Japan smartphone market 2020 forecast
Shanghai (China), Bengaluru (India), Singapore, Reading (UK) and Portland (US) – Wednesday, 1 April 2020
Canalys forecasts Japan’s smartphone market will struggle in 2020, following a 10.9% year-on-year fall in shipments in 2019 compared with 2018. Market players are dealing with the full impact of new regulations on subscription pricing this year. The hope that 5G would stimulate the market is fading, and the unprecedented postponement of the 2020 Summer Olympics is certain to hurt business. Canalys expects delays to 5G smartphone uptake and 5G infrastructure developments, given local operators are cautious with spending on device subsidies and CAPEX in the face of such uncertainty. In the best-case scenario, Japan’s smartphone shipments are expected to fall by 13% to 25.1 million units this year. In the worst-case scenario, they will fall 28% to 20.7 million units. In both cases, Japan will be one of the worst performing in terms of shipments of the top 10 smartphone markets.
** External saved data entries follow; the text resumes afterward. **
-- ===== src/TcpServer/Modes.antt =====
-- The mode of a connection whose client speaks the binary protocol.
use can_bridge_daemon.Prelude.{ℕ, zero, suc, ◌<◌, ◌≡◌, refl, List, ◌++◌, take, arith}
use can_bridge_daemon.BinaryMessage.Types.{ClientBinaryRequest}
use can_bridge_daemon.BinaryMessage.Packet.{encode_client, encode_packet}
use can_bridge_daemon.TcpServer.{binary, jsonl, connection_mode}

mode_short :
    (n : ℕ) (req : ClientBinaryRequest) (rest : List ℕ)
    → n < 4
    → connection_mode (take n (encode_client req ++ rest)) ≡ jsonl
unfolding connection_mode encode_client encode_packet
mode_short zero req rest h = refl
mode_short (suc zero) req rest h = refl
mode_short (suc (suc zero)) req rest h = refl
mode_short (suc (suc (suc zero))) req rest h = refl
mode_short (suc (suc (suc (suc n)))) req rest h = absurd (omega (arith, h))

-- The mode of a connection whose first bytes are a packet of a client: binary where the peek finds four of
-- them, and JSON where it finds fewer.
pub connection_mode-encode_client :
    (req : ClientBinaryRequest) (rest : List ℕ) (n : ℕ)
    → n < 4
    → (connection_mode (take 4 (encode_client req ++ rest)) ≡ binary)
      × (connection_mode (take n (encode_client req ++ rest)) ≡ jsonl)
unfolding connection_mode encode_client encode_packet
connection_mode-encode_client req rest n h = (refl, mode_short n req rest h)
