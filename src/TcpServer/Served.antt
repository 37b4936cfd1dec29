-- ===== src/TcpServer/Served.antt =====
-- What a TCP connection of a client of the binary protocol comes to.
use can_bridge_daemon.Prelude.{ℕ, String, ◌<◌, ◌≡◌, ◌≢◌, ap, ◌∙◌, List, [], ◌++◌, All, take}
use can_bridge_daemon.BinaryMessage.Types.{ClientBinaryRequest}
use can_bridge_daemon.BinaryMessage.Packet.{encode_client}
use can_bridge_daemon.Protocol.{Serde}
use can_bridge_daemon.Service.{Ports, BridgeService}
use can_bridge_daemon.BinarySession.{Texts, ready}
use can_bridge_daemon.BinarySession.Stream.{Sendable, stream, joined, dispatch_all}
use can_bridge_daemon.TcpBinary
use can_bridge_daemon.TcpBinary.Chunks.{run-stream}
use can_bridge_daemon.TcpJson
use can_bridge_daemon.TcpServer.{
  connection_mode, binary_session, jsonl_session, serve, handle_connection,
}
use can_bridge_daemon.TcpServer.Modes.{connection_mode-encode_client}

module _ {W : Type 0} (ports : Ports W) (texts : Texts) (serde : Serde)
    (lines : List (List ℕ) → List TcpJson.Input) where
  -- A client whose bytes are its hello and sendable requests, cut into non-empty reads in any way: where the peek finds
  -- four of them, its connection becomes a binary session in its main loop with an empty buffer, every
  -- request dispatched once and in order; where it finds fewer, the same bytes are read as lines of
  -- JSON.
  pub handle_connection-stream :
      (client protocol : String) (reqs : List ClientBinaryRequest) (chunks : List (List ℕ))
      (service : BridgeService W) (n : ℕ)
      → Sendable (ClientBinaryRequest.client_hello client protocol)
      → All Sendable reqs
      → All (λ c. c ≢ []) chunks
      → joined chunks
        ≡ encode_client (ClientBinaryRequest.client_hello client protocol) ++ stream reqs
      → n < 4
      → (handle_connection ports texts serde lines (take 4 (joined chunks)) chunks service
          ≡ binary_session
              (record (dispatch_all ports texts reqs
                (record (TcpBinary.start service) { phase = ready })) { receive_buffer = [] }))
        × (handle_connection ports texts serde lines (take n (joined chunks)) chunks service
            ≡ jsonl_session (TcpJson.run ports serde (TcpJson.start service) (lines chunks)))
  unfolding handle_connection
  handle_connection-stream client protocol reqs chunks service n h hs ne e small =
      let (four, fewer) =
        connection_mode-encode_client (ClientBinaryRequest.client_hello client protocol)
          (stream reqs) n small in
      (
        ap (λ m. serve ports texts serde lines m chunks service)
              (ap (λ b. connection_mode (take 4 b)) e ∙ four)
            ∙ ap binary_session
                (run-stream ports texts client protocol reqs chunks service h hs ne e),
        ap (λ m. serve ports texts serde lines m chunks service)
            (ap (λ b. connection_mode (take n b)) e ∙ fewer),
      )
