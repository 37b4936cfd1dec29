-- ===== src/Tests.antt =====
-- Runs at concrete inputs, and the theorems applied there.
mod Codec
mod App
mod Sessions
mod Adapters
mod Connections
mod JsonConnections
mod Whole
mod Composed
mod Shutdown
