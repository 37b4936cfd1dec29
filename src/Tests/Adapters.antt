-- ===== src/Tests/Adapters.antt =====
-- The SocketCAN and gRPC adapters and the generator at concrete inputs.
use can_bridge_daemon.Prelude.{
  ◌&&◌, ℕ, suc, ◌≤◌, ◌≡◌, refl, true, false, String, Option, none, some, List, [], ◌∷◌, ◌++◌,
  length, Result, ok, err, leb, le→leb, if◌then◌else◌,
}
use can_bridge_daemon.Frame.{FrameEvent, Direction}
use can_bridge_daemon.Protocol.{DaemonResponse}
use can_bridge_daemon.Service.{TxFrame, Ports, BridgeService}
use can_bridge_daemon.SocketCan.{
  ArbitrationId, IdApi, IdLaws, CanId, FrameApi, FrameLaws, SocketApi,
}
use can_bridge_daemon.SocketCan.Rx.{RxApi, run_one_iface_rx_blocking}
use can_bridge_daemon.SocketCan.Rx.Publishes.{bus, rx_events, run_one_iface-bus}
use can_bridge_daemon.Subscription.{contains}
use can_bridge_daemon.Discovery.{
  can_ifaces, collect, dedup, dedup_after, insert_sorted, is_can_like, sort, starts_with, str_lt,
}
use can_bridge_daemon.Discovery.Listed.{contains-can_ifaces, named}
use can_bridge_daemon.Grpc.{PbSendFrameReq, send_frame, subscribe}
use can_bridge_daemon.Grpc.Calls.{
  Answered, Selection, arrived, send_frame-answer, subscribe-Selection,
}

-- Ids that are their numbers.
abbrev checked : ℕ → ℕ → Option ℕ
checked bound n = if leb n bound then some n else none

checked-some : (bound n : ℕ) → n ≤ bound → checked bound n ≡ some n
checked-some bound n h = rw (le→leb n bound h) refl

abbrev pub ids : IdApi
ids = record {
  StandardId = ℕ;
  ExtendedId = ℕ;
  standard_new = checked 0x7FF;
  extended_new = checked 0x1FFFFFFF;
  standard_raw = λ i. i;
  extended_raw = λ i. i;
}

pub id_laws : IdLaws ids
id_laws = record {
  standard_taken = λ n h. (n, checked-some 0x7FF n h, refl);
  extended_taken = λ n h. (n, checked-some 0x1FFFFFFF n h, refl);
}

-- Frames that are their ids, payloads and flags; a flag is its number.
abbrev pub frames : FrameApi ids
frames = record {
  ClassicFrame = CanId ids × List ℕ;
  CanFdFrame = CanId ids × List ℕ × List ℕ;
  FdFlags = List ℕ;
  classic_new = λ i bytes. if leb (length bytes) 8 then some (i, bytes) else none;
  fd_with_flags = λ i bytes flags. if leb (length bytes) 64 then some (i, bytes, flags) else none;
  empty_flags = [];
  brs_flag = 1 ∷ [];
  esi_flag = 2 ∷ [];
  union = λ a b. a ++ b;
}

pub frame_laws : FrameLaws frames
frame_laws = record {
  classic_made = λ i bytes h. ((i, bytes), rw (le→leb (length bytes) 8 h) refl);
  fd_made = λ i bytes flags h. ((i, bytes, flags), rw (le→leb (length bytes) 64 h) refl);
}

-- A world that counts the frames written, and one interface.
abbrev pub sockets : SocketApi frames ℕ
sockets = record {
  ClassicSocket = Unit {0};
  FdSocket = Unit {0};
  open_classic = λ iface w. (ok tt, w);
  open_fd = λ iface w. (ok tt, w);
  write_classic = λ sock frame w. (ok tt, suc w);
  write_fd = λ sock frame w. (ok tt, suc w);
}

abbrev diagnostic : TxFrame
diagnostic = record {
  iface = "can0";
  id = 0x7E0;
  is_fd = false;
  brs = false;
  esi = false;
  bytes = 2 ∷ 1 ∷ 12 ∷ [];
}

abbrev pub flagged : TxFrame
flagged = record diagnostic { brs = true }

abbrev pub fd_flagged : TxFrame
fd_flagged = record flagged { is_fd = true }

-- Frames that are read as an id and a payload; a classic frame may be no data frame.
abbrev pub rx : RxApi ids
rx = record {
  CanFdFrame = CanId ids × List ℕ;
  CanFrame = Option (CanId ids × List ℕ);
  DataFrame = CanId ids × List ℕ;
  fd_id = λ f. f.0;
  fd_payload = λ f. f.1;
  any_frame = λ f. f;
  normal_id = λ f. f.0;
  normal_payload = λ f. f.1;
}

abbrev pub ports : Ports ℕ
ports = record {
  list_can_ifaces = λ w. (ok ("vcan0" ∷ []), w);
  send = λ f w. (ok tt, suc w);
  since_epoch_ms = λ w. (some w, suc w);
}

abbrev pub service : BridgeService ℕ
service = record { world = 1000; frames = [] }

abbrev classic_reads : List (Result String (Option (CanId ids × List ℕ)))
classic_reads =
    ok (some (ArbitrationId.standard 0x7E8, 1 ∷ []))
    ∷ err "timed out"
    ∷ ok none
    ∷ ok (some (ArbitrationId.extended 0x18DAF110, []))
    ∷ []

run_one_iface-bus_example :
    bus (run_one_iface_rx_blocking ports rx "can0" (err "no FD") (ok classic_reads) service)
    ≡ [] ++ rx_events ports rx "can0" (err "no FD") (ok classic_reads)
run_one_iface-bus_example =
    run_one_iface-bus ports rx "can0" (err "no FD") (ok classic_reads) service

abbrev request : PbSendFrameReq
request = record {
  iface = "can0";
  id = 0x123;
  is_fd = false;
  brs = false;
  esi = false;
  data_hex = "01 0A";
}

abbrev debug : DaemonResponse → String
debug resp = "a response"

send_frame-answer_example :
    Answered debug ports request service (send_frame debug ports request service)
send_frame-answer_example = send_frame-answer debug ports request service

abbrev on_can : String → FrameEvent
on_can iface = record {
  ts_ms = 5;
  iface = iface;
  dir = Direction.rx;
  id = 0x7E8;
  is_fd = false;
  bytes = 1 ∷ 255 ∷ [];
}

abbrev items : List (Option FrameEvent)
items = some (on_can "can0") ∷ none ∷ some (on_can "can1") ∷ []

subscribe-Selection_example :
    Selection ("can1" ∷ []) (arrived items) (subscribe ("can1" ∷ []) items)
subscribe-Selection_example = subscribe-Selection ("can1" ∷ []) items

abbrev pub links : List (Option String)
links = some "vcan0" ∷ none ∷ some "eth0" ∷ some "can0" ∷ some "vcan0" ∷ []

can_ifaces_run : can_ifaces links ≡ "can0" ∷ "vcan0" ∷ []
unfolding can_ifaces dedup dedup_after sort insert_sorted str_lt collect is_can_like starts_with
can_ifaces_run = refl

contains-can_ifaces_example :
    contains (can_ifaces links) "eth0" ≡ (is_can_like "eth0" && named links "eth0")
contains-can_ifaces_example = contains-can_ifaces links "eth0"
“The cascading effects of the COVID-19 pandemic will start to show in the Japanese smartphone market from late Q1,” said Canalys Research Analyst Shengtao Jin. “Japan has closed schools and advised the public to exercise social distancing. The Bank of Japan’s decision to raise the ceiling of asset purchase and the government’s plan to roll-out a massive JPY56 trillion (US$517 billion) stimulus package, amounting to 10% of Japan’s GDP, shows that the government is deeply concerned about the impact of the pandemic. The postponement of the Olympics places further strain on the cashflow of Japanese businesses, which have already spent heavily on capital expenditure in preparation for the anticipated spending spree during the games. The stimulus package will bring much needed assurance to vulnerable small and medium-sized businesses, which employ 90% of the country’s workforce.”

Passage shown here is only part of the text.